The statement noted that in his report on a November 2007 visit to Brazil, the United Nations Special Rapporteur on extrajudicial, summary or arbitrary executions said “the public prosecution service in Pernambuco estimated that approximately 70 percent of the homicides in Pernambuco are committed by death squads,” and according to a federal parliamentary commission of inquiry, “80 percent of the crimes caused by extermination groups involve police or ex-police.”
In Venezuela there have long been reports of activities by what Amnesty described in 2002 as “police death squads” in the northwestern state of Portuguesa.
In June 2009, one such group warned that it would launch a social cleansing campaign. Leaflets tacked up in local businesses said that on Jul. 1 the group would begin to kill “drug traffickers, thieves and prostitutes” in the capital of the state, Aragua, and other towns, the Noticiero PR News on-line publication reported.

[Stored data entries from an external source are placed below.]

-- ===== src/Queue/Locked.antt =====
-- The variants of zit/container/queue.h for several threads, which hold a spin lock meanwhile.
use zinfo_tech.Base.{
  ◌>>=◌, ℕ, ◌-◌, Bool, true, false, Option, none, some, [], ◌∷◌, ◌++◌, Err, ok, mem_insufficient,
  not_exist, inc32, dec32, if◌then◌else◌, ◌==◌,
}
use zinfo_tech.Base.Lists.{length}
use zinfo_tech.Base.Int.{ℤ, pos, ◌+ℤ◌, ltb_ℤ}
use zinfo_tech.Queue.{
  Chunk, Queue, store_end, advance_end, retreat_begin, fill_front, read, first_chunk, last_chunk,
  step_begin, retreat_end, take_chunk,
}

-- A pointer into the queue: the number of the chunk, and the byte in it.
pub record Place : Type 0 where
  pub chunk : ℕ
  pub byte : ℤ

-- A pointer to a value, `chunk->value + byte`, with the chunk as it is when the lock is given back: a
-- later call may write there, or free the chunk, before the caller reads the value.
pub record Pointer (A : Type 0) : Type 0 where
  pub chunk : Chunk A
  pub byte : ℤ

-- A queue and its lock.
pub record Shared (A : Type 0) : Type 0 where
  pub held : Bool
  pub que : Queue A

module _ {A : Type 0} where
  -- `zspin_lock`, where nobody else runs: on a lock that is held it never returns, `none`.
  abbrev pub acquire : Shared A → Option (Queue A)
  acquire s = if s.held then none else some s.que

  abbrev pub holding : Queue A → Shared A
  holding q = record { held = true; que = q }

  abbrev pub released : Queue A → Shared A
  released q = record { held = false; que = q }

  unfoldable pub lock_pop : Shared A → Option (Err × Option (Pointer A) × Shared A)
  unfolding first_chunk step_begin
  lock_pop s = acquire s >>= λ q.
      if q.size == 0
      then some (not_exist, none, released q)
      else (first_chunk q.chunks >>= λ c. step_begin (record q { size = dec32 q.size }) >>= λ q'.
          some (ok, some (record { chunk = c; byte = q.begin_pos }), released q'))

  unfoldable pub lock_pop_back : Shared A → Option (Err × Option (Pointer A) × Shared A)
  unfolding retreat_end last_chunk
  lock_pop_back s = acquire s >>= λ q.
      if q.size == 0
      then some (not_exist, none, released q)
      else (retreat_end (record q { size = dec32 q.size }) >>= λ q'. last_chunk q'.chunks >>= λ c.
          some (ok, some (record { chunk = c; byte = q'.end_pos }), released q'))

  -- The value is read where it lies, with the lock still held, and let go by `unlock_front`.
  unfoldable pub lock_front : Shared A → Option (Err × Option A × Shared A)
  unfolding read first_chunk
  lock_front s = acquire s >>= λ q.
      if q.size == 0
      then some (not_exist, none, released q)
      else (read q (first_chunk q.chunks) q.begin_pos >>= λ v. some (ok, some v, holding q))

  unfoldable pub unlock_front : Shared A → Option (Shared A)
  unfolding step_begin
  unlock_front s =
      step_begin (record s.que { size = dec32 s.que.size }) >>= λ q'. some (released q')

  unfoldable pub unlock_back_pos : Shared A → Shared A
  unlock_back_pos s = released (record s.que { size = inc32 s.que.size })

module _ {A : Type 0} (zeros : A) (mem : Option ℕ) where
  unfoldable pub lock_push : Shared A → A → Option (Err × Shared A)
  unfolding store_end advance_end
  lock_push s v = acquire s >>= λ q.
      store_end q v >>= λ q'. let (e, q'') = advance_end zeros mem q' in some (e, released q'')

  unfoldable pub lock_push_front : Shared A → A → Option (Err × Shared A)
  unfolding fill_front retreat_begin
  lock_push_front s v = acquire s >>= λ q.
      fill_front zeros ok v (retreat_begin zeros mem q) >>= λ r. some (r.0, released r.1)

  -- The place for a value. The lock is held on `ok`, until `unlock_back_pos`.
  unfoldable pub lock_back_pos : Shared A → Option (Err × Place × Shared A)
  unfolding take_chunk
  lock_back_pos s = acquire s >>= λ q.
      let place : Place = record { chunk = length q.chunks - 1; byte = q.end_pos } in
      let p = q.end_pos +ℤ pos q.value_size in
      if ltb_ℤ p (pos q.chunk_length)
      then some (ok, place, holding (record q { end_pos = p }))
      else elim (take_chunk zeros mem q) [
        | none ↦
            some (mem_insufficient, place, released (record q { end_pos = p; spare_chunk = none }))
        | some c ↦ some (
          ok,
          place,
          holding (record q { chunks = q.chunks ++ (c ∷ []); spare_chunk = none; end_pos = pos 0 }),
        )
      ]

After the recent spate of killings in El Salvador, President Funes said he did not believe they were the work of death squads, and that there was no evidence to prove that social cleansing groups existed.
But IDHUCA’s Cuéllar said that “to judge by the history of this country, all signs indicate that there are death squads, and it is worrisome that President Funes has flatly ruled out this possibility, before investigating.”
Ramón Villalta, director of the Social Initiative for Democracy, told IPS that such groups “are undermining the country’s institutions.
“But it is the lack of efficacy of the institutions themselves in curbing the soaring levels of violent crime that most affects democracy itself, and pushes citizens to take justice into their own hands,” he argued.